PSF: When you guys got together, was there a plan behind the band? Any kind of forethought or was it that you just getting together? I mean, obviously the rhythms in the music you played were sort of a continuation of some of the...

PP: ...the stuff we did with James.

PSF: Yeah, and from that scene. There's a lot of that funk, you know, that kind of like rhythmic stuff going on in a lot of post punk anyway.

PP: Yeah.

PSF: Who was writing the songs? Or was it a group effort?

PP: It was a group (effort). The Bush Tetras was a total democracy. We had several rehearsal spaces. For a while, we had a place we could go in from midnight to 3:00 AM with no place to pee and no heat. You know, it was great. (Laughs)

PSF: The good old days!

PP: But then we got a rehearsal space on First and First, which at that time was pretty grizzly. And actually, Cynthia was living there. It was a store front with a riot gate. We would just be in there all day long jamming. So it was really... the songs came out of like endless jams. Fueled by probably, you know, a lot of pot and beer.

PSF: And by then you had kind of, had started developing you guitar style.
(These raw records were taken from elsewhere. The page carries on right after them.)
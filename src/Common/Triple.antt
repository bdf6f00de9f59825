-- ===== src/Common/Triple.antt =====
-- What holds after an action: `Q` of its value and the new state if it returns, and `E` of the new
-- state if it fails in any way. One rule for each way to build an action.
use Prim.Native.Nat.{ℕ}
use mathlib.Core.Path.{◌≡◌, refl}
use mathlib.Core.Logic.{◌≢◌}
use mathlib.Core.Bool.{Bool, true, false}
use img.Common.Tests.{if◌then◌else◌}
use img.Common.Exec.{
  Exec, Outcome, ok, err, halt, panic, diverge, Error, pure, raise, exit, continue, ◌>>=◌, or_fail,
  wrap_error, attempt, reflect, after, defer, gets, modify,
}

module _ {S A : Type 0} where
  abbrev pub Post : (A → S → Type 0) → (S → Type 0) → Outcome A → S → Type 0
  Post Q E (ok a) s = Q a s
  Post Q E (err e) s = E s
  Post Q E (halt n) s = E s
  Post Q E panic s = E s
  Post Q E diverge s = E s

  pub record Triple (P : S → Type 0) (m : Exec S A) (Q : A → S → Type 0) (E : S → Type 0)
      : Type 0 where
    pub at : (s : S) → P s → Post Q E (m s).0 (m s).1

  -- An action that changes nothing that `P` can see.
  abbrev pub Keeps : (S → Type 0) → Exec S A → Type 0
  Keeps P m = Triple P m (λ _. P) P

module _ {S A : Type 0} where
  pub keeps_all : (P : S → Type 0) (o : Outcome A) (s : S) → P s → Post (λ _. P) P o s
  keeps_all P (ok a) s h = h
  keeps_all P (err e) s h = h
  keeps_all P (halt n) s h = h
  keeps_all P panic s h = h
  keeps_all P diverge s h = h

  pub Triple-pure :
      {P : S → Type 0} {Q : A → S → Type 0} {E : S → Type 0} (a : A)
      → ((s : S) → P s → Q a s)
      → Triple P (pure a) Q E
  unfolding pure
  Triple-pure a h = record { at = h }

  pub Triple-exit : {P : S → Type 0} {Q : A → S → Type 0} (n : ℕ) → Triple P (exit n) Q P
  unfolding exit ◌>>=◌
  Triple-exit n = record { at = λ s h. h }

  pub Triple-raise : {P : S → Type 0} {Q : A → S → Type 0} (e : Error) → Triple P (raise e) Q P
  unfolding raise
  Triple-raise e = record { at = λ s h. h }

  pub Triple-weaken :
      {P : S → Type 0} {Q R : A → S → Type 0} {E : S → Type 0} {m : Exec S A}
      → Triple P m Q E
      → ((a : A) (s : S) → Q a s → R a s)
      → Triple P m R E
  Triple-weaken {Q = Q} {R = R} {E = E} {m = m} t f = record {
    at = λ s h. weaken (m s).0 (m s).1 (t.at s h);
  }
    where
      weaken : (o : Outcome A) (s : S) → Post Q E o s → Post R E o s
      weaken (ok a) s h = f a s h
      weaken (err e) s h = h
      weaken (halt n) s h = h
      weaken panic s h = h
      weaken diverge s h = h

  -- From what says more.
  pub Triple-from :
      {P R : S → Type 0} {Q : A → S → Type 0} {E : S → Type 0} {m : Exec S A}
      → ((s : S) → P s → R s)
      → Triple R m Q E
      → Triple P m Q E
  Triple-from f t = record { at = λ s h. t.at s (f s h) }

  relax-Post :
      (Q : A → S → Type 0) (E F : S → Type 0)
      → ((s : S) → E s → F s)
      → (o : Outcome A) (s : S) → Post Q E o s
      → Post Q F o s
  relax-Post Q E F f (ok a) s h = h
  relax-Post Q E F f (err e) s h = f s h
  relax-Post Q E F f (halt n) s h = f s h
  relax-Post Q E F f panic s h = f s h
  relax-Post Q E F f diverge s h = f s h

  -- What holds after a failure, weakened.
  pub Triple-relax :
      {P : S → Type 0} {Q : A → S → Type 0} {E F : S → Type 0} {m : Exec S A}
      → ((s : S) → E s → F s)
      → Triple P m Q E
      → Triple P m Q F
  Triple-relax {Q = Q} {E = E} {F = F} {m = m} f t = record {
    at = λ s h. relax-Post Q E F f (m s).0 (m s).1 (t.at s h);
  }

  wrap-Post :
      (Q : A → S → Type 0) (E : S → Type 0) (f : Error → Error) (o : Outcome A) (s : S)
      → Post Q E o s
      → Post Q E (wrap_error f o) s
  wrap-Post Q E f (ok a) s h = h
  wrap-Post Q E f (err e) s h = h
  wrap-Post Q E f (halt n) s h = h
  wrap-Post Q E f panic s h = h
  wrap-Post Q E f diverge s h = h

  pub Triple-or_fail :
      {P : S → Type 0} {Q : A → S → Type 0} {E : S → Type 0} {m : Exec S A} (f : Error → Error)
      → Triple P m Q E
      → Triple P (or_fail f m) Q E
  unfolding or_fail
  Triple-or_fail {Q = Q} {E = E} {m = m} f t = record {
    at = λ s h. wrap-Post Q E f (m s).0 (m s).1 (t.at s h);
  }

  outcome-Post :
      (Q : A → S → Type 0) (E : S → Type 0) (o : Outcome A) (s : S)
      → Post Q E o s
      → Post (Post Q E) E (reflect o) s
  outcome-Post Q E (ok a) s h = h
  outcome-Post Q E (err e) s h = h
  outcome-Post Q E (halt n) s h = h
  outcome-Post Q E panic s h = h
  outcome-Post Q E diverge s h = h

  reflect-Post :
      (P : S → Type 0) (o : Outcome A) (s : S) → Post (λ _. P) P o s → Post (λ _. P) P (reflect o) s
  reflect-Post P (ok a) s h = h
  reflect-Post P (err e) s h = h
  reflect-Post P (halt n) s h = h
  reflect-Post P panic s h = h
  reflect-Post P diverge s h = h

  -- What the outcome in hand says of the state.
  pub Triple-attempt :
      {P : S → Type 0} {Q : A → S → Type 0} {E : S → Type 0} {m : Exec S A}
      → Triple P m Q E
      → Triple P (attempt m) (Post Q E) E
  unfolding attempt
  Triple-attempt {Q = Q} {E = E} {m = m} t = record {
    at = λ s h. outcome-Post Q E (m s).0 (m s).1 (t.at s h);
  }

  pub Keeps-attempt : {P : S → Type 0} {m : Exec S A} → Keeps P m → Keeps P (attempt m)
  unfolding attempt
  Keeps-attempt {P = P} {m = m} t = record { at = λ s h. reflect-Post P (m s).0 (m s).1 (t.at s h) }

module _ {S A B : Type 0} where
  continue-Post :
      (Q : A → S → Type 0) (R : B → S → Type 0) (E : S → Type 0) (f : A → Exec S B)
      → ((a : A) → Triple (Q a) (f a) R E)
      → (o : Outcome A) (s : S) → Post Q E o s
      → Post R E (continue o f s).0 (continue o f s).1
  continue-Post Q R E f t (ok a) s h = (t a).at s h
  continue-Post Q R E f t (err e) s h = h
  continue-Post Q R E f t (halt n) s h = h
  continue-Post Q R E f t panic s h = h
  continue-Post Q R E f t diverge s h = h

  pub Triple-bind :
      {P : S → Type 0} {Q : A → S → Type 0} {R : B → S → Type 0} {E : S → Type 0} {m : Exec S A}
      {f : A → Exec S B}
      → Triple P m Q E
      → ((a : A) → Triple (Q a) (f a) R E)
      → Triple P (m >>= f) R E
  unfolding ◌>>=◌
  Triple-bind {Q = Q} {R = R} {E = E} {m = m} {f = f} t u = record {
    at = λ s h. continue-Post Q R E f u (m s).0 (m s).1 (t.at s h);
  }

module _ {S A : Type 0} where
  outcome_at :
      (Q : A → S → Type 0) (E : S → Type 0) (first : Outcome A) (s : S)
      → ((a : A) → first ≡ ok a → Q a s)
      → E s
      → (o : Outcome A) → first ≡ o
      → Post Q E o s
  outcome_at Q E first s f h (ok a) e = f a e
  outcome_at Q E first s f h (err x) e = h
  outcome_at Q E first s f h (halt n) e = h
  outcome_at Q E first s f h panic e = h
  outcome_at Q E first s f h diverge e = h

  -- An action that is known by its outcome and its state.
  pub Triple-at :
      {P : S → Type 0} {Q : A → S → Type 0} {E : S → Type 0} (m : Exec S A)
      → ((s : S) → P s → (a : A) → (m s).0 ≡ ok a → Q a (m s).1)
      → ((s : S) → P s → E (m s).1)
      → Triple P m Q E
  Triple-at {Q = Q} {E = E} m f g = record {
    at = λ s h. outcome_at Q E (m s).0 (m s).1 (f s h) (g s h) (m s).0 refl;
  }

  -- Two facts, each known of the action alone.
  both_at :
      (Q R : A → S → Type 0) (E F : S → Type 0) (o : Outcome A) (s : S)
      → Post Q E o s
      → Post R F o s
      → Post (λ a st. Q a st × R a st) (λ st. E st × F st) o s
  both_at Q R E F (ok a) s h k = (h, k)
  both_at Q R E F (err x) s h k = (h, k)
  both_at Q R E F (halt n) s h k = (h, k)
  both_at Q R E F panic s h k = (h, k)
  both_at Q R E F diverge s h k = (h, k)

  pub Triple-both :
      {P P' : S → Type 0} {Q R : A → S → Type 0} {E F : S → Type 0} {m : Exec S A}
      → Triple P m Q E
      → Triple P' m R F
      → Triple (λ s. P s × P' s) m (λ a s. Q a s × R a s) (λ s. E s × F s)
  Triple-both {Q = Q} {R = R} {E = E} {F = F} {m = m} t u = record {
    at = λ s h. both_at Q R E F (m s).0 (m s).1 (t.at s h.0) (u.at s h.1);
  }

pub Triple-gets :
    {S A : Type 0} {P : S → Type 0} {E : S → Type 0} (f : S → A)
    → Triple P (gets f) (λ a s. P s × (a ≡ f s)) E
unfolding gets
Triple-gets f = record { at = λ s h. (h, refl) }

-- A fact about no state, that a precondition carries.
pub Triple-given :
    {S A Fact : Type 0} {P : S → Type 0} {m : Exec S A} {Q : A → S → Type 0} {E : S → Type 0}
    → (Fact → Triple P m Q E)
    → Triple (λ s. P s × Fact) m Q E
Triple-given t = record { at = λ s h. (t h.1).at s h.0 }

pub Triple-if :
    {S A : Type 0} {P : S → Type 0} {Q : A → S → Type 0} {E : S → Type 0} (b : Bool)
    {m n : Exec S A}
    → Triple P m Q E
    → Triple P n Q E
    → Triple P (if b then m else n) Q E
Triple-if true t u = t
Triple-if false t u = u

pub Keeps-gets : {S A : Type 0} {P : S → Type 0} (f : S → A) → Keeps P (gets f)
unfolding gets
Keeps-gets f = record { at = λ s h. h }

pub Triple-modify :
    {S : Type 0} {P Q E : S → Type 0} (f : S → S)
    → ((s : S) → P s → Q (f s))
    → Triple P (modify f) (λ _. Q) E
unfolding modify
Triple-modify f h = record { at = h }

-- With no way to fail, an action returns.
pub returns :
    {S A : Type 0} (Q : A → S → Type 0) (o : Outcome A) (s : S)
    → Post Q (λ _. ⊥) o s
    → (a : A) × (o ≡ ok a) × Q a s
returns Q (ok a) s h = (a, refl, h)
returns Q (err e) s h = absurd h
returns Q (halt n) s h = absurd h
returns Q panic s h = absurd h
returns Q diverge s h = absurd h

-- Nothing is asked of a failure.
module _ {S A : Type 0} where
  lax-Post :
      (Q : A → S → Type 0) (E : S → Type 0) (o : Outcome A) (s : S)
      → Post Q E o s
      → Post Q (λ _. Unit) o s
  lax-Post Q E (ok a) s h = h
  lax-Post Q E (err e) s h = tt
  lax-Post Q E (halt n) s h = tt
  lax-Post Q E panic s h = tt
  lax-Post Q E diverge s h = tt

  pub Triple-lax :
      {P : S → Type 0} {Q : A → S → Type 0} {E : S → Type 0} {m : Exec S A}
      → Triple P m Q E
      → Triple P m Q (λ _. Unit)
  Triple-lax {Q = Q} {E = E} {m = m} t = record {
    at = λ s h. lax-Post Q E (m s).0 (m s).1 (t.at s h);
  }

  -- An action after which nothing can hold does not return.
  pub never_returns :
      {P E : S → Type 0} {m : Exec S A}
      → Triple P m (λ _ _. ⊥) E
      → (s : S) → P s
      → (a : A) → (m s).0 ≢ ok a
  never_returns {E = E} {m = m} t s h a e = refuse (m s).0 (t.at s h) e
    where
      refuse : (o : Outcome A) → Post (λ _ _. ⊥) E o (m s).1 → o ≡ ok a → ⊥
      refuse (ok b) p e = p
      refuse (err x) p e = cc
      refuse (halt n) p e = cc
      refuse panic p e = cc
      refuse diverge p e = cc

  pub anything : (m : Exec S A) → Triple (λ _. Unit {0}) m (λ _ _. Unit {0}) (λ _. Unit {0})
  anything m = record { at = λ s h. keeps_all (λ _. Unit) (m s).0 (m s).1 tt }

module _ {S B : Type 0} where
  pub holds : (P : S → Type 0) (o : Outcome B) (s : S) → Post (λ _. P) P o s → P s
  holds P (ok a) s h = h
  holds P (err e) s h = h
  holds P (halt n) s h = h
  holds P panic s h = h
  holds P diverge s h = h

module _ {S A : Type 0} where
  after-Post :
      (P : S → Type 0) (d : Exec S (Unit {0}))
      → Keeps P d
      → (o : Outcome A) (s : S) → Post (λ _. P) P o s
      → Post (λ _. P) P (after o d s).0 (after o d s).1
  after-Post P d k (ok a) s h = holds P (d s).0 (d s).1 (k.at s h)
  after-Post P d k (err e) s h = holds P (d s).0 (d s).1 (k.at s h)
  after-Post P d k (halt n) s h = h
  after-Post P d k panic s h = holds P (d s).0 (d s).1 (k.at s h)
  after-Post P d k diverge s h = h

  pub Keeps-defer :
      {P : S → Type 0} {d : Exec S (Unit {0})} {m : Exec S A}
      → Keeps P d
      → Keeps P m
      → Keeps P (defer d m)
  unfolding defer
  Keeps-defer {P = P} {d = d} {m = m} k t = record {
    at = λ s h. after-Post P d k (m s).0 (m s).1 (t.at s h);
  }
PP: Style... So to speak. It's funny, with James, at that point, I had really only played slide, so I really didn't know. I don't think I could really... I knew what a bar chord was, but I didn't really use them. I was just making stuff up. I also know I learned a little bit from watching Jody, and I understood about the ninth chord. The funk chord. And I understood about James Brown and the one note sort of rhythms- I preferred that than, like, bar chords or three chord sort of songs. I was kind of into the funk stuff from James [Chance] and James Brown, and we were listening to all kinds of stuff like Bohannon... That sort of rhythmic stuff.

PSF:Tribal?

PP: Yeah. I used to be so insulted when people called us a punk band. "We're not a punk band!" I mean, we were some punk version of funk and we were trying to write like funk or soul songs and they came out... you know, because we didn't know what we were doing. And they actually then got labelled as dance or whatever. Dance Funk or whatever. But I think we were trying to have some sort of funkiness, and I was trying to make up chords that sounded interesting and not, you know, the straight forward.

...then I really didn't know what I was doing at all. Like, seriously.